**TASK:**
The answer must consist of each line of the records below that contains the string "begins".

**RECORDED DATA:**
───

-- ===== src/Tests/Threads.antt =====
-- The thread at work in two rounds of its outer loop, a round that is answered, and an exit.
use vt_mechanisms.Prelude.{
  ℕ, true, refl, zero, suc, false, List, [], ◌∷◌, Option, some, arith, ℤ, pos, negsuc, codes,
  replicate, if◌then◌else◌, ◌==◌,
}
use vt_mechanisms.Decimal.{print_int}
use vt_mechanisms.Stub.{Cost, pipe_send}
use vt_mechanisms.Router.{not_ready, nothing_read, packet, polled}
use vt_mechanisms.Rounds.{exited, fail_start, fetching, Step, World}
use vt_mechanisms.Rounds.Messages.{dead_thread_stuck}
use vt_mechanisms.Rounds.{
  joining, waiting, starting, world, fetch_advance, fetch_stop, send_exit, see_running,
  send_advance, Reach, here, next,
}
use vt_mechanisms.Rounds.Progress.{Answered, Reach-Answered, Exits, Reach-Exits}
use vt_mechanisms.RouterThread.{Turn, Round, ThreadState, run_thread}
use vt_mechanisms.RouterThread.Play.{Replied, Follows}
use vt_mechanisms.RouterThread.Enough.{Leaves}
use vt_mechanisms.RouterThread.Whole.{run_thread-Follows}

-- `main` waits for the answer to a round of 5 microseconds
waits : Reach (world (waiting 5) starting (b'5' ∷ []) [] false false (pos 0))
unfolding pipe_send print_int
waits = next (next (next here (fetch_advance (pos 0) 5)) (see_running 5)) (send_advance 5)

Reach-Answered_example : Answered 5 starting (b'5' ∷ []) [] false false (pos 0)
Reach-Answered_example = Reach-Answered 4 starting (b'5' ∷ []) [] false false (pos 0) (cc) waits

-- `main` has read `STOP` at once
joins : Reach (world joining starting (b'-' ∷ b'2' ∷ []) [] false true (pos 0))
unfolding pipe_send print_int
joins = next (next here (fetch_stop (pos 0))) send_exit

Reach-Exits_example : Exits starting (b'-' ∷ b'2' ∷ []) [] false true (pos 0)
Reach-Exits_example = Reach-Exits starting (b'-' ∷ b'2' ∷ []) [] false true (pos 0) joins

abbrev route : List ℕ → ℤ
route [] = pos 0
route (b ∷ bs) = if b == 9 then negsuc 0 else pos b

-- a pass over three sockets, and a round in which the thread blocks
abbrev two_rounds : List Round
two_rounds =
    (record {
      stop = false;
      ready = polled (packet (1 ∷ []) ∷ not_ready ∷ packet (9 ∷ []) ∷ []);
      later = some [];
    })
    ∷ (record { stop = false; ready = polled (not_ready ∷ []); later = some (nothing_read ∷ []) })
    ∷ []

abbrev answer : Turn
answer = record { reply = codes "120"; stop = false; garbage = pos 1 }

replied : (n : ℕ) → Replied (replicate n answer)
replied zero = tt
replied (suc n) = ((b'1', b'2' ∷ b'0' ∷ [], refl), replied n)

-- rounds of 120 microseconds
abbrev thread : ThreadState
thread = record { curr = pos 0; did = []; sent = []; turns = replicate 30 answer }

abbrev fifty : Cost → Option ℤ
fifty c = some (pos 50)

run_thread-Follows_example :
    Leaves 0 (run_thread fifty route two_rounds thread)
    × Follows starting thread (run_thread fifty route two_rounds thread)
run_thread-Follows_example =
    run_thread-Follows fifty route two_rounds thread (replied 30) (omega arith)

-- the kernel's command of 5 microseconds, when the thread has no socket
dead : Reach (world (fetching (pos 0)) exited [] [] false false (pos 0))
dead = next here fail_start

dead_thread_stuck_example :
    Reach (world (waiting 5) exited (pipe_send (pos 5)) [] false false (pos 0))
    × ((w : World) → ¬ Step (world (waiting 5) exited (pipe_send (pos 5)) [] false false (pos 0)) w)
dead_thread_stuck_example = dead_thread_stuck (pos 0) 5 [] [] false (pos 0) dead
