-- ===== src/Tests/Together.antt =====
-- `main` and the thread run together: a round of 120 microseconds that the thread exceeds by 30, and
-- the order to exit.
use vt_mechanisms.Prelude.{
  ℕ, ◌≡◌, refl, true, false, List, [], ◌∷◌, Option, none, some, arith, ℤ, pos, codes,
}
use vt_mechanisms.Decimal.{print_int}
use vt_mechanisms.Command.{ack_and_get_next_command, parse_commands}
use vt_mechanisms.Stub.{Cost, pipe_send}
use vt_mechanisms.Router.{interrupted}
use vt_mechanisms.Rounds.{world, joining, exited, Reach}
use vt_mechanisms.MainLoop.{MainTurn, MainEvent, main_loop, loop_entry, saw, sent, got, ordered}
use vt_mechanisms.MainLoop.Follows.{AllAnswer}
use vt_mechanisms.RouterThread.{Turn, Round, ThreadEvent, run_thread, began, looked, said, heard}
use vt_mechanisms.RouterThread.Play.{Replied}
use vt_mechanisms.Joint.{
  shared, at_start, Joint, pause, main_acts, thread_acts, sees, sends, gets, orders, begins, looks,
  says, hears,
}
use vt_mechanisms.Joint.Reaches.{main_log, thread_log, thread_entry, Joint-Reach}
use vt_mechanisms.Joint.Pipes.{OneShared, Joint-OneShared}
use vt_mechanisms.Tests.Loops.{answered, stopped, answered-Answers, stopped-Answers}

abbrev exchanges : List MainTurn
exchanges = answered ∷ stopped ∷ []

-- `poll` is interrupted by a signal
abbrev one_round : List Round
one_round = (record { stop = false; ready = interrupted; later = none }) ∷ []

-- the advance, and the order to exit with the flag set
abbrev advance_then_exit : List Turn
advance_then_exit =
    (record { reply = codes "120"; stop = false; garbage = pos 1 })
    ∷ (record { reply = codes "-2"; stop = true; garbage = pos 1 })
    ∷ []

abbrev long_call : Cost → Option ℤ
long_call c = some (pos 150)

abbrev no_route : List ℕ → ℤ
no_route p = pos 0

replied : Replied advance_then_exit
replied = ((b'1', codes "20", refl), ((b'-', codes "2", refl), tt))

exchanges-AllAnswer : AllAnswer exchanges
exchanges-AllAnswer = (answered-Answers, (stopped-Answers, tt))

abbrev main_does : List MainEvent
main_does = saw false ∷ sent (codes "120") ∷ got (codes "30") ∷ ordered ∷ sent (codes "-2") ∷ []

abbrev thread_does : List ThreadEvent
thread_does = began (codes "120") ∷ looked false ∷ said (codes "30") ∷ heard (codes "-2") true ∷ []

main_log_test : main_log (main_loop exchanges loop_entry) ≡ main_does
unfolding main_loop ack_and_get_next_command parse_commands
main_log_test = refl

thread_log_test :
    thread_log (run_thread long_call no_route one_round (thread_entry advance_then_exit))
    ≡ thread_does
unfolding run_thread pipe_send print_int
thread_log_test = refl

-- with the exchange on its way, and to its end
abbrev first_half :
    Joint at_start main_does thread_does
      (shared [] (codes "30") false false)
      (got (codes "30") ∷ ordered ∷ sent (codes "-2") ∷ [])
      (heard (codes "-2") true ∷ [])
first_half =
    main_acts sees
      (main_acts sends (thread_acts begins (thread_acts looks (thread_acts says pause))))

abbrev whole : Joint at_start main_does thread_does (shared [] [] false true) [] []
whole = main_acts sees (
    main_acts sends (
      thread_acts begins (
        thread_acts looks (
          thread_acts says
            (main_acts gets (main_acts orders (main_acts sends (thread_acts hears pause))))))))

Joint-Reach_example : Reach (world joining exited [] [] false true (pos 150))
unfolding main_loop ack_and_get_next_command parse_commands run_thread pipe_send print_int
Joint-Reach_example =
    Joint-Reach long_call no_route exchanges one_round advance_then_exit exchanges-AllAnswer replied
      (omega arith) (shared [] [] false true) whole

Joint-OneShared_example : OneShared (shared [] (codes "30") false false)
unfolding main_loop ack_and_get_next_command parse_commands run_thread pipe_send print_int
Joint-OneShared_example =
    Joint-OneShared long_call no_route exchanges one_round advance_then_exit exchanges-AllAnswer
      replied (omega arith) (shared [] (codes "30") false false) _ _ first_half
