-- ===== src/Traffic.antt =====
-- The traffic programs of src/routing/test under virtual time: the threads of client_n_vt.c, which
-- sends requests and waits for each answer, and of server_n_vt.c, which answers them. Their `main`,
-- the stub and the parser are those of the router. The socket is the one with the index 0.
pub mod Follows
pub mod Requests
pub mod Uncharged
use vt_mechanisms.Prelude.{
  ℕ, ◌+◌, ◌-◌, Bool, List, [], ◌∷◌, ◌++◌, Option, none, some, if◌then◌else◌, replicate, codes, ℤ,
  pos, ltb_ℤ, ◌==ℤ◌,
}
use vt_mechanisms.Decimal.{print_nat}
use vt_mechanisms.RouterThread.{
  ThreadState, going, Act, ◌>>=◌, ◌>>◌, look, charge_cost, start, announce_block, resume,
}

-- The cost under each name, as `update_stub` looks it up in the table of the program.
abbrev pub Costs : Type 0
Costs = List ℕ → Option ℤ

-- "REQUEST: <n>" with its NUL
unfoldable pub request : ℕ → List ℕ
unfolding print_nat
request n = codes "REQUEST: " ++ print_nat n n ++ 0 ∷ []

-- BUF_SIZE
abbrev pub buf_size : ℕ
buf_size = 20000

-- what `fill_buffer` leaves of `size` bytes
unfoldable pub fill_buffer : ℕ → List ℕ
fill_buffer size = replicate size b'A'

-- `sendto`
unfoldable pub send_to : List ℕ → Act (Unit {0})
send_to buffer s =
    going tt (record s { sent = s.sent ++ (record { pkt = buffer; dst_sock_idx = 0 }) ∷ [] })

-- What the system decides for one round of either loop: `arg->stop` at its head, and what
-- `recvfrom` returns.
pub record Exchange : Type 0 where
  pub stop : Bool
  pub received : ℤ

module _ (times : Costs) where
  unfoldable pub charge_name : List ℕ → Act (Unit {0})
  unfolding charge_cost
  charge_name name = charge_cost (times name)

  -- One round of the client, from the number of the last answered request.
  unfoldable pub client_round : Exchange → ℕ → Act ℕ
  unfolding look charge_name send_to request announce_block resume
  client_round x pkt_no = do
    look x.stop
    charge_name (codes "flush_buffer")
    send_to (request (pkt_no + 1))
    charge_name (codes "send_to")
    charge_name (codes "flush_buffer")
    announce_block >> resume
    if ltb_ℤ (pos 0) x.received
        then (charge_name (codes "computation") >> (λ s. going (pkt_no + 1) s))
        else (λ s. going pkt_no s)

  unfoldable pub client_loop : List Exchange → ℕ → Act ℕ
  unfolding client_round
  client_loop [] pkt_no = λ s. going pkt_no s
  client_loop (x ∷ xs) pkt_no = client_round x pkt_no >>= client_loop xs

  -- The client's thread from its first call of `update_stub` on: a sleep, and the loop.
  unfoldable pub run_client : List Exchange → Act ℕ
  unfolding start announce_block resume client_loop
  run_client xs = do start; announce_block >> resume; client_loop xs 0

  -- One round of the server.
  unfoldable pub server_round : Exchange → Act (Unit {0})
  unfolding look charge_name send_to fill_buffer announce_block resume
  server_round x = do
    look x.stop
    charge_name (codes "flush_buffer")
    announce_block >> resume
    if x.received ==ℤ pos 0 then (λ s. going tt s) else (do
      charge_name (codes "fill_buffer")
      send_to (fill_buffer (buf_size - 1))
      charge_name (codes "sendto"))

  unfoldable pub server_loop : List Exchange → Act (Unit {0})
  unfolding server_round
  server_loop [] = λ s. going tt s
  server_loop (x ∷ xs) = server_round x >> server_loop xs

  unfoldable pub run_server : List Exchange → Act (Unit {0})
  unfolding start server_loop
  run_server xs = start >> server_loop xs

───

**YOUR RESPONSE:**
  shared, at_start, Joint, pause, main_acts, thread_acts, sees, sends, gets, orders, begins, looks,
      (main_acts sends (thread_acts begins (thread_acts looks (thread_acts says pause))))
      thread_acts begins (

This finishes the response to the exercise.